The full schema for document is documented under GET /v1/jobs/{id}.

Response headers

HeaderWhenMeaning
X-CachealwaysHIT when a content-hash cache served this — no billing. MISS otherwise.
Idempotent-Replayedidempotency replaytrue when the original job was returned for a previously-seen Idempotency-Key.
Retry-Afteron 202Seconds to wait before the next poll. Conservative default 2.
X-RateLimit-*alwaysLimit, remaining, reset (epoch seconds).

Sync mode

Pass sync=true to ask the server to hold the connection up to sync_timeout_seconds (max 30) and return 200 with the full result inline. If the job is still running when the timeout elapses, you get 202 with Retry-After and you poll status_url normally — no extra cost, no lost job.

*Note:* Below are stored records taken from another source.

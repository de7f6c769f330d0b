-- ===== src/Device/Access.antt =====
-- viewer/device.go and viewer/auth.go: from a code on the screen to a television that is signed in,
-- and to its sign-out.
use phimtor.Base.{
  ℕ, ◌+◌, ◌≤◌, ◌<◌, Bool, true, ◌||◌, Option, none, some, List, [], ◌∷◌, ◌++◌, All, ◌≡◌, ◌≢◌, refl,
  sym, ap, ◌∙◌, arith, Bool-cases, Option-cases, inl, inr, subst,
}
use phimtor.Base.Bytes.{Bytes, codes}
use phimtor.Base.Decimal.{max_int64}
use phimtor.Session.{Signer, IsSigner, device_token_ttl, mint_device_token, read_bearer}
use phimtor.Session.Tokens.{read_bearer-mint_device_token}
use phimtor.Device.{Device, Devices, Status, device_pairing, touch_device, grants, device_active}
use phimtor.Device.Handlers.{
  TokenAnswer, account, account_answer, status_answer, approved_answer, token_answer,
  handle_device_token, handle_device_logout, device_user,
}
use phimtor.Device.Pairing.{Call, IsPairedAs, IsPaired, IsNumbered, IsWell, run}
use phimtor.Device.Revoking.{touch_rows-active}
use phimtor.Device.Retiring.{revoke_device-device_active}

-- What is relied on of the accounts: an account found by an id has that id.
abbrev pub IsAccounts : (ℕ → Option ℕ) → Type 0
IsAccounts user_by_id = (a b : ℕ) → user_by_id a ≡ some b → (b ≡ a) × (0 < a) × (a ≤ max_int64)

module _ (same : Bytes → Bytes → Bool) where
  device_pairing-All {κ} :
      (P : Device → Type κ) (code : Bytes) (ds : List Device) (d : Device)
      → All P ds
      → device_pairing same code ds ≡ some d
      → P d
  unfolding device_pairing
  device_pairing-All P code [] d h e = absurd (ground arith)
  device_pairing-All P code (x ∷ ds) d h e = elim (Bool-cases (same x.device_code code)) [
    | inl q ↦ subst P (ground arith) h.0
    | inr q ↦ device_pairing-All P code ds d h.1 (ground arith)
  ]

  device_pairing-active :
      (code : Bytes) (ds : List Device) (d : Device) (user : ℕ)
      → device_pairing same code ds ≡ some d
      → d.status ≡ Status.approved
      → d.user_id ≡ some user
      → device_active d.id user ds ≡ true
  unfolding device_pairing device_active
  device_pairing-active code [] d user e a u = absurd (ground arith)
  device_pairing-active code (x ∷ ds) d user e a u = elim (Bool-cases (same x.device_code code)) [
    | inl q ↦
        subst (λ (y : Device). (grants d.id user y || device_active d.id user ds) ≡ true)
          (sym (found q)) (ground arith)
    | inr q ↦ ground (arith, device_pairing-active code ds d user)
  ]
    where
      found : same x.device_code code ≡ true → x ≡ d
      found q = ground arith

device_user-active :
    (s : Signer) (key : Bytes) (clock : ℕ) (store_answers : Bool) (raw : Bytes) (t : Devices)
    (user device : ℕ)
    → device_user s key clock store_answers raw t ≡ some (user, device)
    → device_active device user t.rows ≡ true
unfolding device_user
device_user-active s key clock store_answers raw t user device h =
    elim (Option-cases (read_bearer s key clock raw)) [
      | inl e ↦ ground arith
      | inr ((u, d), e) ↦ elim (Bool-cases (device_active d u t.rows)) [
        | inl q ↦ ground arith
        | inr q ↦ ground arith
      ]
    ]

device_user-granted :
    (s : Signer) (key : Bytes) (clock : ℕ) (raw : Bytes) (t : Devices) (user device : ℕ)
    → read_bearer s key clock raw ≡ some (user, device)
    → device_active device user t.rows ≡ true
    → device_user s key clock true raw t ≡ some (user, device)
unfolding device_user
device_user-granted s key clock raw t user device r a = ground arith

-- A television that has signed itself out is not recognised again by any header, whatever queries of
-- the table follow.
pub device_user-handle_device_logout :
    (same : Bytes → Bytes → Bool) (device user : ℕ) (t : Devices)
    → IsWell same t
    → device_active device user t.rows ≡ true
    → (cs : List Call) (s : Signer) (key : Bytes) (clock : ℕ) (store_answers : Bool) (raw : Bytes)
      (u : ℕ)
    → device_user s key clock store_answers raw
        (run same cs (handle_device_logout true (some device) user t).1)
      ≢ some (u, device)
unfolding handle_device_logout
device_user-handle_device_logout same device user t w a cs s key clock store_answers raw u h =
    absurd (
      ground (
        arith,
        device_user-active s key clock store_answers raw _ u device h,
        revoke_device-device_active device same user t w a cs u,
      ))

module _ (same : Bytes → Bytes → Bool) (s : Signer) (key : Bytes) where
  -- An approved pairing, polled: the token names the account and the row.
  approved_answer-device_user :
      (clock later now : ℕ) (user_by_id : ℕ → Option ℕ) (d : Device) (t : Devices) (token : Bytes)
      → IsSigner s
      → IsAccounts user_by_id
      → IsPaired d
      → IsNumbered t.next_id d
      → t.next_id ≤ max_int64
      → clock + device_token_ttl ≤ max_int64
      → later < clock + device_token_ttl
      → d.status ≡ Status.approved
      → ((user : ℕ) → d.user_id ≡ some user → device_active d.id user t.rows ≡ true)
      → (approved_answer same s key clock user_by_id now d t).0 ≡ TokenAnswer.access_token token
      → (user : ℕ) × (device_active d.id user t.rows ≡ true)
        × (device_user s key later true
              (codes "Bearer " ++ token)
              (approved_answer same s key clock user_by_id now d t).1
            ≡ some (user, d.id))
  unfolding approved_answer
  approved_answer-device_user clock later now user_by_id d t token g accounts p n m c l a active h =
      elim (Option-cases d.user_id) [
        | inl e ↦ absurd ((subst (λ x. IsPairedAs x d.user_code d.user_id) a p).1 e)
        | inr (user, e) ↦ elim (Option-cases (user_by_id user)) [
          | inl f ↦ absurd (refused (answered e f) h)
          | inr (found, f) ↦ (user, active user e, signed_in user found e f (answered e f))
        ]
      ]
    where
      answered :
          {user : ℕ} {o : Option ℕ}
          → d.user_id ≡ some user
          → user_by_id user ≡ o
          → approved_answer same s key clock user_by_id now d t
            ≡ account_answer same s key clock now d t o
      answered e f =
          unfold approved_answer in
          ap (account_answer same s key clock now d t) (ap (λ x. user_by_id (account x)) e ∙ f)

      refused :
          approved_answer same s key clock user_by_id now d t
            ≡ account_answer same s key clock now d t none
          → (approved_answer same s key clock user_by_id now d t).0 ≡ TokenAnswer.access_token token
          → ⊥
      refused q h = unfold account_answer in ground arith

      minted :
          (found : ℕ)
          → (account_answer same s key clock now d t (some found)).0
            ≡ TokenAnswer.access_token token
          → token ≡ mint_device_token s key clock found d.id
      minted found h = unfold account_answer in ground arith

      touched :
          (user : ℕ)
          → device_active d.id user (touch_device now d.id t).rows ≡ device_active d.id user t.rows
      touched user = unfold touch_device in touch_rows-active same d.id user now d.id t.rows

      signed_in :
          (user found : ℕ)
          → d.user_id ≡ some user
          → user_by_id user ≡ some found
          → approved_answer same s key clock user_by_id now d t
            ≡ account_answer same s key clock now d t (some found)
          → device_user s key later true
              (codes "Bearer " ++ token)
              (approved_answer same s key clock user_by_id now d t).1
            ≡ some (user, d.id)
      signed_in user found e f q =
          let header : Bytes → Bytes = λ tk. codes "Bearer " ++ tk in
          ap (λ v. device_user s key later true (header token) v.1) q
          ∙ (unfold account_answer in
              ap (λ tk. device_user s key later true (header tk) (touch_device now d.id t))
                (minted found (sym (ap (λ v. v.0) q) ∙ h)))
          ∙ device_user-granted s key later (header (mint_device_token s key clock found d.id))
              (touch_device now d.id t) user d.id
              (ap (λ x. read_bearer s key later (header (mint_device_token s key clock x d.id)))
                  (accounts user found f).0
                ∙ read_bearer-mint_device_token s key clock later user d.id g
                    (accounts user found f).1 (accounts user found f).2 n.0 (omega arith) c l)
              (touched user ∙ active user e)

  status_answer-approved :
      (clock now : ℕ) (user_by_id : ℕ → Option ℕ) (d : Device) (t : Devices) (status : Status)
      (token : Bytes)
      → (status_answer same s key clock user_by_id now d t status).0
        ≡ TokenAnswer.access_token token
      → status ≡ Status.approved
  unfolding status_answer
  status_answer-approved clock now user_by_id d t Status.pending token h = absurd (ground arith)
  status_answer-approved clock now user_by_id d t Status.approved token h = refl
  status_answer-approved clock now user_by_id d t Status.revoked token h = absurd (ground arith)

  -- The token that a poll answers signs the television in, as long as it lives and its pairing stands,
  -- for the account that the pairing is good for.
  pub device_user-handle_device_token :
      (clock later now : ℕ) (user_by_id : ℕ → Option ℕ) (code token : Bytes) (t : Devices)
      → IsSigner s
      → IsAccounts user_by_id
      → IsWell same t
      → t.next_id ≤ max_int64
      → clock + device_token_ttl ≤ max_int64
      → later < clock + device_token_ttl
      → (handle_device_token same s key clock user_by_id true now (some code) t).0
        ≡ TokenAnswer.access_token token
      → (user : ℕ) × (device : ℕ) × (device_active device user t.rows ≡ true)
        × (device_user s key later true
              (codes "Bearer " ++ token)
              (handle_device_token same s key clock user_by_id true now (some code) t).1
            ≡ some (user, device))
  unfolding handle_device_token
  device_user-handle_device_token clock later now user_by_id [] token t g accounts w m c l h =
      absurd (ground arith)
  device_user-handle_device_token clock later now user_by_id (x ∷ code) token t g accounts w m c l
        h =
      elim (Option-cases (device_pairing same (x ∷ code) t.rows)) [
        | inl e ↦ absurd (unfold token_answer in ground arith)
        | inr (d, e) ↦ found d e
      ]
    where
      SignedIn : TokenAnswer × Devices → Type 0
      SignedIn a =
          (user : ℕ) × (device : ℕ) × (device_active device user t.rows ≡ true)
          × (device_user s key later true (codes "Bearer " ++ token) a.1 ≡ some (user, device))

      by_status :
          (d : Device)
          → device_pairing same (x ∷ code) t.rows ≡ some d
          → token_answer same s key clock user_by_id now (device_pairing same (x ∷ code) t.rows) t
            ≡ status_answer same s key clock user_by_id now d t d.status
      by_status d e =
          ap (λ o. token_answer same s key clock user_by_id now o t) e
          ∙ (unfold token_answer in refl)

      is_approved :
          (d : Device) → device_pairing same (x ∷ code) t.rows ≡ some d → d.status ≡ Status.approved
      is_approved d e =
          status_answer-approved clock now user_by_id d t d.status token
            (sym (ap (λ v. v.0) (by_status d e)) ∙ h)

      answered :
          (d : Device)
          → device_pairing same (x ∷ code) t.rows ≡ some d
          → token_answer same s key clock user_by_id now (device_pairing same (x ∷ code) t.rows) t
            ≡ approved_answer same s key clock user_by_id now d t
      answered d e =
          by_status d e
          ∙ ap (status_answer same s key clock user_by_id now d t) (is_approved d e)
          ∙ (unfold status_answer in refl)

      found :
          (d : Device)
          → device_pairing same (x ∷ code) t.rows ≡ some d
          → SignedIn (
              token_answer same s key clock user_by_id now
                (device_pairing same (x ∷ code) t.rows)
                t)
      found d e =
          let res =
            approved_answer-device_user clock later now user_by_id d t token g accounts
              (device_pairing-All same IsPaired (x ∷ code) t.rows d w.paired e)
              (device_pairing-All same (IsNumbered t.next_id) (x ∷ code) t.rows d w.numbered e) m c
              l (is_approved d e)
              (λ user u. device_pairing-active same (x ∷ code) t.rows d user e (is_approved d e) u)
              (sym (ap (λ v. v.0) (answered d e)) ∙ h) in
          (
            res.0,
            d.id,
            res.1,
            ap (λ v. device_user s key later true (codes "Bearer " ++ token) v.1) (answered d e)
                ∙ res.2,
          )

SDKs default to sync=true and fall back to polling transparently. Most small documents (≤20 pages) come back inline.

Idempotency

Pass any stable string in Idempotency-Key to make the request safe to retry across queue redelivery, crashes, and network blips. The first call wins; every subsequent call with the same key returns the original job, with Idempotent-Replayed: true set.

Keys are scoped per customer and live for 24h. After that, the same key starts a fresh extraction. See the idempotency notes for edge cases.

Errors

Errors carry a string detail like UNSUPPORTED_FILE_TYPE: application/zip. Common shapes here:

StatusCodeWhen
400UNSUPPORTED_FILE_TYPEMIME not in the allow-list.
400FILE_TOO_LARGEBody > 100 MB.
400EMPTY_FILE0-byte upload.
400INVALID_OPTIONSBad JSON in options.
401MISSING_API_KEY / INVALID_AUTH_FORMAT / INVALID_API_KEYHeader missing, malformed, or doesn't match a live key.
403INSUFFICIENT_SCOPEKey lacks extract:read. Create a new key with the right scopes.
402FREE_QUOTA_EXCEEDEDFree-tier monthly pages exhausted. Add a card in Settings.
429RATE_LIMITEDBack off per Retry-After.

Per-document failures (password-protected PDF, scan unreadable, etc.) come back via the job — see Errors.